Today, talk and images of violence are a regular part of our everyday experience. Suicide and the incidence of mass shootings are at record high levels; they’ve been increasing significantly for 10 years. We don’t stop killing ourselves or others; we don’t stop doing the things that got us here. We’re more political, but we’ve learned little about solving our problems.
What is the real diagnosis? James Howard Kunstler, one of our wisest cultural observers, sums it up this way: “This is exactly what you get in a culture where anything goes and nothing matters. Extract all the meaning and purpose from being here on earth and erase as many boundaries as you can from custom and behavior, and watch what happens, especially among young men.”
Kunstler’s right. Young men have a problem. NIMH statistics estimate that as many as 50 percent of our boys live in what Kunstler describes as “an abyss of missing social relationships,” of no communities, no fathers, no mentors, no initiations into personal responsibility, no daily organizing principles, no instruction in useful trades, no productive activities, no opportunities for love and affection, and no way out.
Our leaders are too cowardly to say so, but the signs are everywhere. Mass shootings are just the final manifestation of the problem. Millions are dependent on drugs, legal and illegal. Fifteen percent of all millennials still live at home with their parents. Fifty years ago, more than 80 percent of American adults this age were already married, living with a spouse. Today, fewer than half the adults between 25 and 34 are married. The Washington Post (3/21/19) reports that 51 percent of American young people are not in any kind of romantic relationship at all.

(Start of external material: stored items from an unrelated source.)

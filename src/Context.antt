-- ===== src/Context.antt =====
-- pkg/context/context.go: the environments of a project, in .yby/environments.yaml. The files, the
-- variables of the process and YAML are parameters, over a world `W` and contents `B`.
pub mod Laws
pub mod Adding
pub mod Tests
use yby_cli.Prelude.Result.{Result, ok, err}
use yby_cli.Prelude.Exec.{Exec}
use yby_cli.Prelude.{
  is_some, insert, ◌==◌, eq_String, lookup, [], cat, none, not, if◌then◌else◌, ◌∷◌, Bool, some,
  Dict, List, String, Option,
}

pub record AuthConfig : Type 0 where
  pub method : String
  pub sso_start_url : String
  pub sso_region : String
  pub sso_account : String
  pub sso_role_name : String
  pub mfa_serial : String

pub record CloudConfig : Type 0 where
  pub provider : String
  pub region : String
  pub cluster : String
  pub profile : String
  pub role_arn : String
  pub auth : Option AuthConfig
  pub resource_group : String
  pub subscription : String
  pub tenant_id : String
  pub login_mode : String
  pub project_id : String
  pub zone : String
  pub service_account : String
  pub credentials_file : String
  pub fleet_membership : String

pub record Environment : Type 0 where
  pub type : String
  pub description : String
  pub values : String
  pub url : String
  pub kube_config : String
  pub kube_context : String
  pub namespace : String
  pub cloud : Option CloudConfig

-- `environments` is none for a nil map.
pub record EnvironmentsManifest : Type 0 where
  pub current : String
  pub environments : Option (Dict String Environment)

pub data ContextError : Type 0 where
  manifest_not_found : String → ContextError
  manifest_not_read : String → ContextError
  manifest_malformed : String → ContextError
  manifest_not_written : String → ContextError
  override_not_defined : String → ContextError
  current_not_found : String → ContextError
  environment_unknown : String → ContextError
  environment_exists : String → ContextError
  values_not_written : String → ContextError
  nil_map_assignment : ContextError

abbrev pub Written : Type 0
Written = Unit

-- What the code calls. Reading leaves the world as it is; `not_exist` is `os.IsNotExist` of the error
-- of `os.Stat`.
pub record Files (W B : Type 0) : Type 0 where
  pub join : List String → String
  pub not_exist : String → W → Bool
  pub read_file : String → W → Result String B
  pub write_file : String → B → Exec W String Written
  pub getenv : String → W → String
  pub unmarshal : B → Result String EnvironmentsManifest
  pub marshal : EnvironmentsManifest → Result String B
  pub bytes : String → B

abbrev pub Outcome : Type 0
Outcome = Option ContextError

-- m[k], where reading a nil map finds nothing
unfoldable pub defined : String → Option (Dict String Environment) → Option Environment
defined name none = none
defined name (some environments) = lookup name environments

-- one lookup of GetCurrent
unfoldable pub chosen :
    (String → ContextError)
    → String
    → Option Environment
    → Result ContextError (String × Environment)
chosen e name none = err (e name)
chosen e name (some found) = ok (name, found)

module _ {W B : Type 0} (files : Files W B) (root_dir : String) where
  abbrev pub manifest_path : String
  manifest_path = files.join (root_dir ∷ ".yby" ∷ "environments.yaml" ∷ [])

  -- the parts of LoadManifest after the file is there, and after it is read
  unfoldable pub parse_manifest : Result String B → Result ContextError EnvironmentsManifest
  parse_manifest (err e) = err (manifest_not_read e)
  parse_manifest (ok bytes) = elim (files.unmarshal bytes) [
    | err e ↦ err (manifest_malformed e)
    | ok manifest ↦ ok manifest
  ]

  -- LoadManifest
  unfoldable pub load_manifest : W → Result ContextError EnvironmentsManifest
  unfolding parse_manifest
  load_manifest w =
      if files.not_exist manifest_path w
      then err (manifest_not_found manifest_path)
      else parse_manifest (files.read_file manifest_path w)

  -- SaveManifest
  unfoldable pub save_manifest : EnvironmentsManifest → W → Outcome × W
  save_manifest manifest w = elim (files.marshal manifest) [
    | err e ↦ (some (manifest_not_written e), w)
    | ok bytes ↦ elim (files.write_file manifest_path bytes w).0 [
      | err e ↦ (some (manifest_not_written e), (files.write_file manifest_path bytes w).1)
      | ok done ↦ (none, (files.write_file manifest_path bytes w).1)
    ]
  ]

  -- GetCurrent: the variable YBY_ENV goes before the manifest
  unfoldable pub current_of :
      String → EnvironmentsManifest → Result ContextError (String × Environment)
  unfolding chosen
  current_of override manifest =
      if not (override == "")
      then chosen override_not_defined override (defined override manifest.environments)
      else chosen current_not_found manifest.current
          (defined manifest.current manifest.environments)

  unfoldable pub get_current : W → Result ContextError (String × Environment)
  unfolding load_manifest current_of
  get_current w = elim (load_manifest w) [
    | err e ↦ err e
    | ok manifest ↦ current_of (files.getenv "YBY_ENV" w) manifest
  ]

  -- SetCurrent
  unfoldable pub set_current : String → W → Outcome × W
  unfolding load_manifest save_manifest
  set_current name w = elim (load_manifest w) [
    | err e ↦ (some e, w)
    | ok manifest ↦ elim (defined name manifest.environments) [
      | none ↦ (some (environment_unknown name), w)
      | some found ↦ save_manifest (record manifest { current = name }) w
    ]
  ]

  -- AddEnvironment: the file of values, where it does not exist
  unfoldable pub write_values : String → String → String → W → Outcome × W
  write_values name values_file values_content w =
      let path = files.join (root_dir ∷ values_file ∷ []) in
      let content =
        if values_content == ""
        then cat ("# Values for " ∷ name ∷ " environment\n" ∷ [])
        else values_content in
      let done = files.write_file path (files.bytes content) w in
      if not (files.not_exist path w)
      then (none, w)
      else elim done.0 [ err e ↦ (some (values_not_written e), done.1) | ok d ↦ (none, done.1) ]

  -- `manifest.Environments[name] = env`, which panics on a nil map, and the save
  unfoldable pub store_environment : String → Environment → EnvironmentsManifest → W → Outcome × W
  unfolding save_manifest
  store_environment name env manifest w = elim manifest.environments [
    | none ↦ (some nil_map_assignment, w)
    | some environments ↦
        save_manifest (record manifest { environments = some (insert name env environments) }) w
  ]

  -- AddEnvironment
  unfoldable pub add_environment : String → Environment → String → W → Outcome × W
  unfolding load_manifest write_values store_environment
  add_environment name env values_content w = elim (load_manifest w) [
    | err e ↦ (some e, w)
    | ok manifest ↦
        let values_file = cat ("config/values-" ∷ name ∷ ".yaml" ∷ []) in
        let written = write_values name values_file values_content w in
        if is_some (defined name manifest.environments)
        then (some (environment_exists name), w)
        else elim written.0 [
          | some e ↦ (some e, written.1)
          | none ↦ store_environment name (record env { values = values_file }) manifest written.1
        ]
  ]

  -- ValidateIntegrity: the names of the environments whose file of values is not there
  unfoldable pub missing_values : W → Dict String Environment → List (String × String)
  missing_values w [] = []
  missing_values w ((name, env) ∷ environments) =
      let rest = missing_values w environments in
      if files.not_exist (files.join (root_dir ∷ env.values ∷ [])) w
      then (name, env.values) ∷ rest
      else rest

  -- ValidateIntegrity
  unfoldable pub validate_integrity : W → Result ContextError (List (String × String))
  unfolding load_manifest missing_values
  validate_integrity w = elim (load_manifest w) [
    | err e ↦ err e
    | ok manifest ↦ elim manifest.environments [
      | none ↦ ok []
      | some environments ↦ ok (missing_values w environments)
    ]
  ]
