-- ===== src/Context/Laws.antt =====
-- Changing the environments and reading them again.
use yby_cli.Prelude.Result.{ok, Result-cases}
use yby_cli.Context.{
  chosen, environment_unknown, Environment, get_current, set_current, manifest_path,
  manifest_not_written, ContextError, defined, parse_manifest, load_manifest, save_manifest,
  EnvironmentsManifest, Written, current_of, Files,
}
use yby_cli.Prelude.{
  Bool-cases, eq_String, ◌∙◌, ap, Option-cases, ◌==◌, not, if◌then◌else◌, none, subst, inl, inr,
  ◌⊎◌, some, refl, false, ◌≡◌, String,
}

module _ {W B : Type 0} (files : Files W B) (root_dir : String) where
  -- What the files and YAML promise: what is written is there and is read again, a write deletes no
  -- file and changes no variable of the process, and a manifest comes back with the same
  -- environment and the same entries.
  pub record IsReliable : Type 0 where
    pub read-write :
        (path : String) (b : B) (w : W) (d : Written)
        → (files.write_file path b w).0 ≡ ok d
        → files.read_file path (files.write_file path b w).1 ≡ ok b
    pub exists-write :
        (path : String) (b : B) (w : W) (d : Written)
        → (files.write_file path b w).0 ≡ ok d
        → files.not_exist path (files.write_file path b w).1 ≡ false
    pub keeps-write :
        (path other : String) (b : B) (w : W)
        → files.not_exist other w ≡ false
        → files.not_exist other (files.write_file path b w).1 ≡ false
    pub getenv-write :
        (path name : String) (b : B) (w : W)
        → files.getenv name (files.write_file path b w).1 ≡ files.getenv name w
    pub unmarshal-marshal :
        (manifest : EnvironmentsManifest) (b : B)
        → files.marshal manifest ≡ ok b
        → (back : EnvironmentsManifest) × (files.unmarshal b ≡ ok back)
          × (back.current ≡ manifest.current)
          × ((name : String) → defined name back.environments ≡ defined name manifest.environments)

  -- What a saved manifest leaves.
  abbrev Saved : EnvironmentsManifest → W → W → Type 0
  Saved manifest w u =
      (back : EnvironmentsManifest) × (load_manifest files root_dir u ≡ ok back)
      × (back.current ≡ manifest.current)
      × ((name : String) → defined name back.environments ≡ defined name manifest.environments)
      × (files.getenv "YBY_ENV" u ≡ files.getenv "YBY_ENV" w)
      × ((other : String) → files.not_exist other w ≡ false → files.not_exist other u ≡ false)

  pub saving_cases :
      (manifest : EnvironmentsManifest) (w : W)
      → IsReliable
      → ((e : ContextError) × ((save_manifest files root_dir manifest w).0 ≡ some e))
        ⊎ Saved manifest w (save_manifest files root_dir manifest w).1
  unfolding save_manifest load_manifest parse_manifest
  saving_cases manifest w reliable = elim (Result-cases (files.marshal manifest)) [
    | inr (problem, j) ↦ inl (manifest_not_written problem, rw (j, save_manifest) refl)
    | inl (b, j) ↦
        let path = manifest_path files root_dir in
        let done = files.write_file path b w in
        elim (Result-cases done.0) [
          | inr (problem, n) ↦ inl (manifest_not_written problem, rw (j, n, save_manifest) refl)
          | inl (d, n) ↦
              let (back, read_back, same_current, same) = reliable.unmarshal-marshal manifest b j in
              let kept : Saved manifest w done.1 = (
                back,
                rw
                    (
                      reliable.exists-write path b w d n,
                      reliable.read-write path b w d n,
                      read_back,
                      load_manifest,
                      parse_manifest,
                    )
                    refl,
                same_current,
                same,
                reliable.getenv-write path "YBY_ENV" b w,
                λ other there. reliable.keeps-write path other b w there,
              ) in
              inr (subst (λ u. Saved manifest w u) (rw (j, n, save_manifest) refl) kept)
        ]
  ]

  -- The choice of the current environment depends on the current name and the entries only.
  current_of-same :
      (override : String) (a b : EnvironmentsManifest)
      → a.current ≡ b.current
      → ((name : String) → defined name a.environments ≡ defined name b.environments)
      → current_of files root_dir override a ≡ current_of files root_dir override b
  unfolding current_of
  current_of-same override a b current same =
      rw (same override, same a.current, current, current_of) refl

  -- The choice, once a name has been set.
  named :
      (name : String) (found : Environment) (manifest : EnvironmentsManifest) (w : W)
      → load_manifest files root_dir w ≡ ok manifest
      → defined name manifest.environments ≡ some found
      → current_of files root_dir (files.getenv "YBY_ENV" w) (record manifest { current = name })
        ≡ (if not (files.getenv "YBY_ENV" w == "")
            then get_current files root_dir w
            else ok (name, found))
  unfolding current_of get_current chosen
  named name found manifest w l f = elim (Bool-cases (files.getenv "YBY_ENV" w == "")) [
    | inl h ↦ rw (h, f, current_of, chosen) refl
    | inr h ↦ rw (h, l, current_of, get_current, h) refl
  ]

  -- With reliable files, once `SetCurrent` has succeeded, `GetCurrent` yields the environment that was named, with the
  -- fields that it had, unless the variable YBY_ENV is set: then it yields what it did before.
  pub get_current-set_current :
      (name : String) (w : W)
      → IsReliable
      → (set_current files root_dir name w).0 ≡ none
      → (manifest : EnvironmentsManifest) × (found : Environment) × (load_manifest files root_dir w
          ≡ ok manifest)
        × (defined name manifest.environments ≡ some found)
        × (get_current files root_dir (set_current files root_dir name w).1 ≡ (
            if not (files.getenv "YBY_ENV" w == "")
            then get_current files root_dir w
            else ok (name, found)))
  unfolding set_current get_current
  get_current-set_current name w reliable done =
      elim (Result-cases (load_manifest files root_dir w)) [
        | inr (problem, l) ↦
            let bad : (set_current files root_dir name w).0 ≡ some problem =
              rw (l, set_current) refl in
            absurd (cc)
        | inl (manifest, l) ↦ elim (Option-cases (defined name manifest.environments)) [
          | inl n ↦
              let bad : (set_current files root_dir name w).0 ≡ some (environment_unknown name) =
                rw (l, n, set_current) refl in
              absurd (cc)
          | inr (found, f) ↦
              let changed : EnvironmentsManifest = record manifest { current = name } in
              let saving = save_manifest files root_dir changed w in
              let same : set_current files root_dir name w ≡ saving = rw (l, f, set_current) refl in
              elim (saving_cases changed w reliable) [
                | inl (problem, e) ↦ let bad = ap (λ x. x.0) same ∙ e in absurd (cc)
                | inr (back, loaded, current, entries, env, kept) ↦ (
                  manifest,
                  found,
                  l,
                  f,
                  ap (λ x. get_current files root_dir x.1) same
                      ∙ rw
                          (
                            loaded,
                            env,
                            current_of-same (files.getenv "YBY_ENV" w) back changed current entries,
                            get_current,
                          )
                          (named name found manifest w l f),
                )
              ]
        ]
      ]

So it’s not surprising that millions of them feel helpless, miserable, and alone — they are. They lack friends or parents or religious organizations to give purpose and moral coherence to their lives. They live in a suffocating culture that they feel no control over. Local or personal identity and local institutions are the weakest that they’ve ever been in this country, in our community. Increasingly, young people on social media think our democracy is fake, because in some instances it is.
The policies people live under, the jobs they hold, even their personal opinions, are controlled by the Big Tech monopolies, the media rants, the Washington bureaucrats —people far away.
America is supposed to be a free country, but millions of young people look around and they feel like they’re trapped in a stagnant, frightening, uncomfortable, and unpredictable place. In an environment like this, a few people will lash out in violence; millions of others will simply fade away: in suicides, drug overdoses, unhealthy escape.
The real crisis, the one that’s threatening us and our neighbors, is that. It’s a long-term crisis. It’s been unfolding for decades. Our political pundits and mainstream media are happy to pretend it’s not happening at all, but it is happening, and we cannot ignore it forever.
Dr. Richard Bromberg is a forensic/community psychologist in the Miami Valley since 1970.